Work instruction: The entries below hold a line with "more_items (suc n) (comma" and a line with "parse ts = bind". Return those lines and all that lie between them, exactly and only.

Extracted information:
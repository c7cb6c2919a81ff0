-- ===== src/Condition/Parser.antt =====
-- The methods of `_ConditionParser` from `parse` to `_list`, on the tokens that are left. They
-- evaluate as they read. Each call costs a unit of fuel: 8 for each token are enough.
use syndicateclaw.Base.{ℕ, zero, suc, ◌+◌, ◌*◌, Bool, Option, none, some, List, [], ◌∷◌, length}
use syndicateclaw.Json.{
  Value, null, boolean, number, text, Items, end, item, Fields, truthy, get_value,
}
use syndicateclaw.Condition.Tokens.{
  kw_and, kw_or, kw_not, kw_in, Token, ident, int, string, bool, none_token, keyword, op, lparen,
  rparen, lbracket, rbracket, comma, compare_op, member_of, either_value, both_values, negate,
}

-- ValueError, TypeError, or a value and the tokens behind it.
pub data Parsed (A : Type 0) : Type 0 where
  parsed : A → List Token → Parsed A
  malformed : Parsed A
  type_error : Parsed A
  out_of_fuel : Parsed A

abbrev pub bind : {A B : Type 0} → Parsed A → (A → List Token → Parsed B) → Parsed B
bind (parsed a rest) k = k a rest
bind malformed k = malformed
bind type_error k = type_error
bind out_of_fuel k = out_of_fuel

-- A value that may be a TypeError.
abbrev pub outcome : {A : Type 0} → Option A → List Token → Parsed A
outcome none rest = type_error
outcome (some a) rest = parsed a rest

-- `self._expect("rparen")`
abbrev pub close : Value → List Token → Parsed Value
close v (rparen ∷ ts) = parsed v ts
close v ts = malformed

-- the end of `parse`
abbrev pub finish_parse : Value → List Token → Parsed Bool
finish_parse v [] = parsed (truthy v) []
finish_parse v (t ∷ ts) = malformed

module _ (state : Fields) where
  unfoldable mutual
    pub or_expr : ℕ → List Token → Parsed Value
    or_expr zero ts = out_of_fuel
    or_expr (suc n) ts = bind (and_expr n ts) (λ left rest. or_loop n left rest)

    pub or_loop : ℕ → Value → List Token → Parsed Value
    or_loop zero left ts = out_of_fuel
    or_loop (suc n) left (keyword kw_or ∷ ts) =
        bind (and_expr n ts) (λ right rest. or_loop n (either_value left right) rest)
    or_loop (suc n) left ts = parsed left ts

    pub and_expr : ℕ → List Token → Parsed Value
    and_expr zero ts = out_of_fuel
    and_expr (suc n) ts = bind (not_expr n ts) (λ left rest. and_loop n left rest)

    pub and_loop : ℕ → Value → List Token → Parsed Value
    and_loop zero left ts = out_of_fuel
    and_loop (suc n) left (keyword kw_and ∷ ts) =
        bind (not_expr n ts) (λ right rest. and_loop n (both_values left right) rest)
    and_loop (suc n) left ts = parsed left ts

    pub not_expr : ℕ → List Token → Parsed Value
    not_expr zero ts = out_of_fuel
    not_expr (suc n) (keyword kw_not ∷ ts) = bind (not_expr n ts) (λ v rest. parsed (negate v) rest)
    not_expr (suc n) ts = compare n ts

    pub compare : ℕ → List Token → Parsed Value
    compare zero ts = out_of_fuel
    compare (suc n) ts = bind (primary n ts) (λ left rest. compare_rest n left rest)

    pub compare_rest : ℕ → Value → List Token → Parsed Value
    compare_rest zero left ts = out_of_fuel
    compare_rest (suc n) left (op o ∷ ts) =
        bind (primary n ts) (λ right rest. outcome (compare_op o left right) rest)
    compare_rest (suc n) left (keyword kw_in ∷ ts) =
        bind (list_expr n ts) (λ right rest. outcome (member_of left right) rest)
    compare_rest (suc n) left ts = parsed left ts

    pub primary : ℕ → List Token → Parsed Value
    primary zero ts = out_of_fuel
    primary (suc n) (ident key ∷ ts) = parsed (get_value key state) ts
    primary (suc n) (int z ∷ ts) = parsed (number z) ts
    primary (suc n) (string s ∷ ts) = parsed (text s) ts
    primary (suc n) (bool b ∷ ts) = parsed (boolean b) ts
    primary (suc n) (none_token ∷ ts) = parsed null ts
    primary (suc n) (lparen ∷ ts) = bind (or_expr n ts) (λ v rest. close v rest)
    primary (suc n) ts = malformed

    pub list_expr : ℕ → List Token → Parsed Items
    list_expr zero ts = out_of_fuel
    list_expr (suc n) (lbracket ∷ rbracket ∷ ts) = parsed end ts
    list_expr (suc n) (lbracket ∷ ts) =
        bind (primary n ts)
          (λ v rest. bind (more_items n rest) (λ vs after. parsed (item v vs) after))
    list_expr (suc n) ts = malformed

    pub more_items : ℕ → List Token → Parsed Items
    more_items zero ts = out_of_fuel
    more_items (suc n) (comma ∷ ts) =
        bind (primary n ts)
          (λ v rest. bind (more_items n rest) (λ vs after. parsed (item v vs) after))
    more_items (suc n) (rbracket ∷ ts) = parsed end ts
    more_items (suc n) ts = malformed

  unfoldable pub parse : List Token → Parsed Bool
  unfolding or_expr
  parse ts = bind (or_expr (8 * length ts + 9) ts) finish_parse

--

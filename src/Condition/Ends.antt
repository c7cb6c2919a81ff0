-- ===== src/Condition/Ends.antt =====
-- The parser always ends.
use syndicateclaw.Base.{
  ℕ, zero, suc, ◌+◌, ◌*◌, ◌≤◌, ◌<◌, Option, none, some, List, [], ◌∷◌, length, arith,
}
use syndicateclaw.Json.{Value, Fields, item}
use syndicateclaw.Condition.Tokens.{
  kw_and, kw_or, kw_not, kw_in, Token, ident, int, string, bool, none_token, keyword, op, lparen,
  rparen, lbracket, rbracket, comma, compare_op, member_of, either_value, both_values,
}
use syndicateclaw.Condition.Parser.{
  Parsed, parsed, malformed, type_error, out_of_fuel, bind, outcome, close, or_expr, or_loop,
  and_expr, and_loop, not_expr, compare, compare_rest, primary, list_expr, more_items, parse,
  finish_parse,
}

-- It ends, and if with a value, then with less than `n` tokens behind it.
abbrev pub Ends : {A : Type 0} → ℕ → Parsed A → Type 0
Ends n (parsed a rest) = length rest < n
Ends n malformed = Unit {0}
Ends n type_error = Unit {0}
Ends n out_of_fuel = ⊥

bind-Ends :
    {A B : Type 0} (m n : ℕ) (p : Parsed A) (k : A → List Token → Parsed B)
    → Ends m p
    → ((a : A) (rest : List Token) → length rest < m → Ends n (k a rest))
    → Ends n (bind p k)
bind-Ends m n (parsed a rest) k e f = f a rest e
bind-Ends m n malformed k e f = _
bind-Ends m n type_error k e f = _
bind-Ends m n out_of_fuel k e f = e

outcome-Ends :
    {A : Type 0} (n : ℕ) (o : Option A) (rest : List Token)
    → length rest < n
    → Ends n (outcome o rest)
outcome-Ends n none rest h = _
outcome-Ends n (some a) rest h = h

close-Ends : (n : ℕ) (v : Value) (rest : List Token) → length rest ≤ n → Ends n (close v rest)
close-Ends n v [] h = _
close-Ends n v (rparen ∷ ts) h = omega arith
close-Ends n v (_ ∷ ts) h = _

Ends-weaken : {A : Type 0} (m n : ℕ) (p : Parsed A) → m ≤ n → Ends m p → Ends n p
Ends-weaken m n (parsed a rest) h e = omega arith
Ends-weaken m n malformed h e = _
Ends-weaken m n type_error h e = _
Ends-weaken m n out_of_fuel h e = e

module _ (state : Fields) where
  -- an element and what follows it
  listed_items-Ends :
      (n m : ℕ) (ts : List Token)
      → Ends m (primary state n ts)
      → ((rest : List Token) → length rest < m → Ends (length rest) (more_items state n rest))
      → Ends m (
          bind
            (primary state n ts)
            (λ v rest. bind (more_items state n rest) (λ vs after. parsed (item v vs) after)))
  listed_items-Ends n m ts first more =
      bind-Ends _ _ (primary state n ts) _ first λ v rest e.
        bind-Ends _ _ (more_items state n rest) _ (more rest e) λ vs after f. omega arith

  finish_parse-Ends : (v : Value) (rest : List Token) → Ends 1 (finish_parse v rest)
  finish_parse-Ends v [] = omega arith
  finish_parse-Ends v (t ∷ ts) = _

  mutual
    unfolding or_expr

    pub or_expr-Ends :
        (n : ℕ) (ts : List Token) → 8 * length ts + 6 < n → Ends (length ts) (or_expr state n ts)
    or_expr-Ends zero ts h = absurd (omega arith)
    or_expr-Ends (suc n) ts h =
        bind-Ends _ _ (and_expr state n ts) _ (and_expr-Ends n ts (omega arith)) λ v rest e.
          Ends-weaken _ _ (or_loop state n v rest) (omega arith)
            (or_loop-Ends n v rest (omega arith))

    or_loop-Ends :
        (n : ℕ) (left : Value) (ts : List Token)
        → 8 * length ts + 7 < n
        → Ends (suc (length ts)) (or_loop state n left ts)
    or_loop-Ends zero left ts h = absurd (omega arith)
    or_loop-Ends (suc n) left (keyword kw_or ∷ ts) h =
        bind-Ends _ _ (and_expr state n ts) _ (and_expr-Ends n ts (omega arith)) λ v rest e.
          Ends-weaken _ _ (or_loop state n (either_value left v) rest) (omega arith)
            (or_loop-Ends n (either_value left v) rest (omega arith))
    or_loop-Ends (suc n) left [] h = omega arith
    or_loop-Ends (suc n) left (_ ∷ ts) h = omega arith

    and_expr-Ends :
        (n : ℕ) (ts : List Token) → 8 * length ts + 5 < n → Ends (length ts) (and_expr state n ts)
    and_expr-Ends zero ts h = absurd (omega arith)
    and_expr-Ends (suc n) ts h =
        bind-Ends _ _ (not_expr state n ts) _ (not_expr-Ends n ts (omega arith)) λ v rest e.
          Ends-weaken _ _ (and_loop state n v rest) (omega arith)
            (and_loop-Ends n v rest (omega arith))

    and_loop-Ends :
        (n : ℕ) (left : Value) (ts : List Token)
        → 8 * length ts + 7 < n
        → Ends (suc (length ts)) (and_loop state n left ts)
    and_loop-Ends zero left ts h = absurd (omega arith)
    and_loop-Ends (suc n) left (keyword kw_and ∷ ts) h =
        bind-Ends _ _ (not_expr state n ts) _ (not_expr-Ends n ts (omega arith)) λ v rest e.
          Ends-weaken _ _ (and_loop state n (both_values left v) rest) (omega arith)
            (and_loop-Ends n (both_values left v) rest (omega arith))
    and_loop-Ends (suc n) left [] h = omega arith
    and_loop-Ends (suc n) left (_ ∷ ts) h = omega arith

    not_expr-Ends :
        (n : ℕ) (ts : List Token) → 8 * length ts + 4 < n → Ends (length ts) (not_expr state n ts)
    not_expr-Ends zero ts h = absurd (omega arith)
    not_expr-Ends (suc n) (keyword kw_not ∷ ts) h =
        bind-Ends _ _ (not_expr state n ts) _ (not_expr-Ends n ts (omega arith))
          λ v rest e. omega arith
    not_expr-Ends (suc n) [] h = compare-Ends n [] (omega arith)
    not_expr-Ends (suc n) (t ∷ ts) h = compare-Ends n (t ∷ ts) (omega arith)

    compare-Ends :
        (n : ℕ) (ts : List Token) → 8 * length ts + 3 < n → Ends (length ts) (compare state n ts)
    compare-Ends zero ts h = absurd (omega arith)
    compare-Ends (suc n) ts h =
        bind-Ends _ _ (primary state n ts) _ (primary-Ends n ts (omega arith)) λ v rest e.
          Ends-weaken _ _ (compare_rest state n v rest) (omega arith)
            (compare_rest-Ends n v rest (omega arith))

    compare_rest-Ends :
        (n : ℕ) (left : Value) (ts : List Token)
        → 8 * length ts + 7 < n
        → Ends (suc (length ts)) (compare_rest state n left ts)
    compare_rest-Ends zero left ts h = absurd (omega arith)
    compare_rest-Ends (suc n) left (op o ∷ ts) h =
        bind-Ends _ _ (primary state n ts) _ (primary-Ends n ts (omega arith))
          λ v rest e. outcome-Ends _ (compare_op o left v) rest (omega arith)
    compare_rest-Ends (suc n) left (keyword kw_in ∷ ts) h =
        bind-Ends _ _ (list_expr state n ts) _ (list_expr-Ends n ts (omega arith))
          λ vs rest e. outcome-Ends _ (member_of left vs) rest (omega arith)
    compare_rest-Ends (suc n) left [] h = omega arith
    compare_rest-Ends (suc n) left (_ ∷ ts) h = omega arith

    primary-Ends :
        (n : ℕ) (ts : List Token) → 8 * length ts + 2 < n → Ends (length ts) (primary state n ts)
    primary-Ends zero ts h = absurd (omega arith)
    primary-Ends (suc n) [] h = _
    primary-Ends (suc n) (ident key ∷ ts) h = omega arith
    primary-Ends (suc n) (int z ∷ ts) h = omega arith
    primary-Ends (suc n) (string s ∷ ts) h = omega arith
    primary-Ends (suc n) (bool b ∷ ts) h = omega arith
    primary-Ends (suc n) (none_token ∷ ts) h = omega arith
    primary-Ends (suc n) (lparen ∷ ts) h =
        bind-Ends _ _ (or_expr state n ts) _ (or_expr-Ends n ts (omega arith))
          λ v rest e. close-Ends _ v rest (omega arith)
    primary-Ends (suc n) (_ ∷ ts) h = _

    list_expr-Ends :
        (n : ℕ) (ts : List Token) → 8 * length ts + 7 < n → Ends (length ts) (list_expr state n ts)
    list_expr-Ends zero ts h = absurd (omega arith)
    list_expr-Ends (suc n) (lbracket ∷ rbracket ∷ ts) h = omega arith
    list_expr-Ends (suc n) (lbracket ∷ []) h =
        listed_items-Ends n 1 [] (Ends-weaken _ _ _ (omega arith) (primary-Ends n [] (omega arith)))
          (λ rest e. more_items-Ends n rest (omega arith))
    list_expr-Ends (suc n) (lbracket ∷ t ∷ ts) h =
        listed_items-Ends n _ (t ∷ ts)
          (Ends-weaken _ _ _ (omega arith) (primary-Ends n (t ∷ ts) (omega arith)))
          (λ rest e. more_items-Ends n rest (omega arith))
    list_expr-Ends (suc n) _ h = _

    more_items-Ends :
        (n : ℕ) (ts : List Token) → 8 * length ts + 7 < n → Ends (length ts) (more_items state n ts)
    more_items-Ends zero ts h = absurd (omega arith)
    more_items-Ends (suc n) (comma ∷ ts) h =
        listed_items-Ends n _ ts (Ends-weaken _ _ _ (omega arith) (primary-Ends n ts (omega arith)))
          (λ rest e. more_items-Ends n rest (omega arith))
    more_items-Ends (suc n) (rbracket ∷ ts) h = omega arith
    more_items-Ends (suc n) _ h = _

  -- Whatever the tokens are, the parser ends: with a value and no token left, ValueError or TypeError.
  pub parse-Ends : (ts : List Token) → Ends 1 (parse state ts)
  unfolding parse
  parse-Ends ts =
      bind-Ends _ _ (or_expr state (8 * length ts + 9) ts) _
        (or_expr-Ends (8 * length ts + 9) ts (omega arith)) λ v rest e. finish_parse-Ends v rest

* * *

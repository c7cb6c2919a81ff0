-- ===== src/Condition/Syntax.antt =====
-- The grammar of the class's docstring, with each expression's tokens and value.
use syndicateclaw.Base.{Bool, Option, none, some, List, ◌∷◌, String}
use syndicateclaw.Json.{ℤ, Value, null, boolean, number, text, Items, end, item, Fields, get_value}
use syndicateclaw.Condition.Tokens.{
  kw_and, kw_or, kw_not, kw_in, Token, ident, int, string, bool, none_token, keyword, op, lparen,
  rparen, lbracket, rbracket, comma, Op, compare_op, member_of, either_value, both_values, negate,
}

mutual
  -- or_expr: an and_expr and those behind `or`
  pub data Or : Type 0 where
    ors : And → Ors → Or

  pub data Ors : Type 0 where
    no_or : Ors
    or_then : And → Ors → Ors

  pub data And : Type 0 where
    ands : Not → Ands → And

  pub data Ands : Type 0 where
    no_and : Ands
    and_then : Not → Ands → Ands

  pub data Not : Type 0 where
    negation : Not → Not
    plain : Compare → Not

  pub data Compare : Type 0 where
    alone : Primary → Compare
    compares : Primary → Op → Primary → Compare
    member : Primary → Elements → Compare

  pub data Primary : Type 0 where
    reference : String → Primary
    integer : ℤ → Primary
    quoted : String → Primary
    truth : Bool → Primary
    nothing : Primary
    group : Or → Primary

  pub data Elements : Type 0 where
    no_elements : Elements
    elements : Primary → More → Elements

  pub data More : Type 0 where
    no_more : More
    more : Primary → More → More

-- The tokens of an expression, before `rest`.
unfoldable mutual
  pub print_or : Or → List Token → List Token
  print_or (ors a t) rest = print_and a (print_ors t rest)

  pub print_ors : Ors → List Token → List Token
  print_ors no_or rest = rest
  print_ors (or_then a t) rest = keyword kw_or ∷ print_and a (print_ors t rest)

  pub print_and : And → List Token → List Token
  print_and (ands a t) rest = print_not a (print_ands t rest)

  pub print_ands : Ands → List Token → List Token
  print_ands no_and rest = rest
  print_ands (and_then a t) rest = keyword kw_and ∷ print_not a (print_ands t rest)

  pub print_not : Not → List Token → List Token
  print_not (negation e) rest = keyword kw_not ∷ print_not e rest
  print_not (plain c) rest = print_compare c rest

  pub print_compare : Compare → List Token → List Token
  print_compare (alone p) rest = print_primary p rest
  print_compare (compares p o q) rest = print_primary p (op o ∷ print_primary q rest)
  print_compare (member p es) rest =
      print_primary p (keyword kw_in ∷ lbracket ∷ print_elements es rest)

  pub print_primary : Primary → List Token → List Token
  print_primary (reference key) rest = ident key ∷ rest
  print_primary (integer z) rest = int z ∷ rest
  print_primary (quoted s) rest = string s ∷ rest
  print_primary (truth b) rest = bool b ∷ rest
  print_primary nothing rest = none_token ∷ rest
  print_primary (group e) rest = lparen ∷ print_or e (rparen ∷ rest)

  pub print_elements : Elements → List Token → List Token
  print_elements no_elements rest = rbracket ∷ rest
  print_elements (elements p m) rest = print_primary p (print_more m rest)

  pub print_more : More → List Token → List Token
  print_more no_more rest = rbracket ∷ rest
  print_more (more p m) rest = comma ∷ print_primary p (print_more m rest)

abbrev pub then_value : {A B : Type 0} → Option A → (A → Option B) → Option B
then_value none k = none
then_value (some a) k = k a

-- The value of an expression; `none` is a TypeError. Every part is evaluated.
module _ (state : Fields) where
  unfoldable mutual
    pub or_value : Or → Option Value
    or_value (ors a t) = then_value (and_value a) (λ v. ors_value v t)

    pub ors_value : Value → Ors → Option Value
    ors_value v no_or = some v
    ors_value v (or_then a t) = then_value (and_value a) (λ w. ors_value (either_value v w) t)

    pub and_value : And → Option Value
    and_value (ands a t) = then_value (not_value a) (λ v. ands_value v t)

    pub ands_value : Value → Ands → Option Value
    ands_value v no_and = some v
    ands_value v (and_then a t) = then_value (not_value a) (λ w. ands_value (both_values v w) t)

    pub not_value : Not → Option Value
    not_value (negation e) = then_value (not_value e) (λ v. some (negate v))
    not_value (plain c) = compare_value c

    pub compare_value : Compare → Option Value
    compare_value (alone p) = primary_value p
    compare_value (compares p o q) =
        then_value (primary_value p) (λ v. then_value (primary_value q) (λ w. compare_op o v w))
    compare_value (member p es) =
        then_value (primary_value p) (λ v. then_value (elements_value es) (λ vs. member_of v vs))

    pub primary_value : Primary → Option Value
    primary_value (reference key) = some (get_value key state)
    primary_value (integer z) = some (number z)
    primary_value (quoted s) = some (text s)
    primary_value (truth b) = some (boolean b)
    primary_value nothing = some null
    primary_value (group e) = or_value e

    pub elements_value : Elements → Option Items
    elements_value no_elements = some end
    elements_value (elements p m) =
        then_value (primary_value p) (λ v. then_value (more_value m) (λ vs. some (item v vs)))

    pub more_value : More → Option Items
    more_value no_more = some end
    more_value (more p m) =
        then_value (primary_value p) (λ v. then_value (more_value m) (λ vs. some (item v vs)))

Solution for this task:
    more_items (suc n) (comma ∷ ts) =
        bind (primary n ts)
          (λ v rest. bind (more_items n rest) (λ vs after. parsed (item v vs) after))
    more_items (suc n) (rbracket ∷ ts) = parsed end ts
    more_items (suc n) ts = malformed

  unfoldable pub parse : List Token → Parsed Bool
  unfolding or_expr
  parse ts = bind (or_expr (8 * length ts + 9) ts) finish_parse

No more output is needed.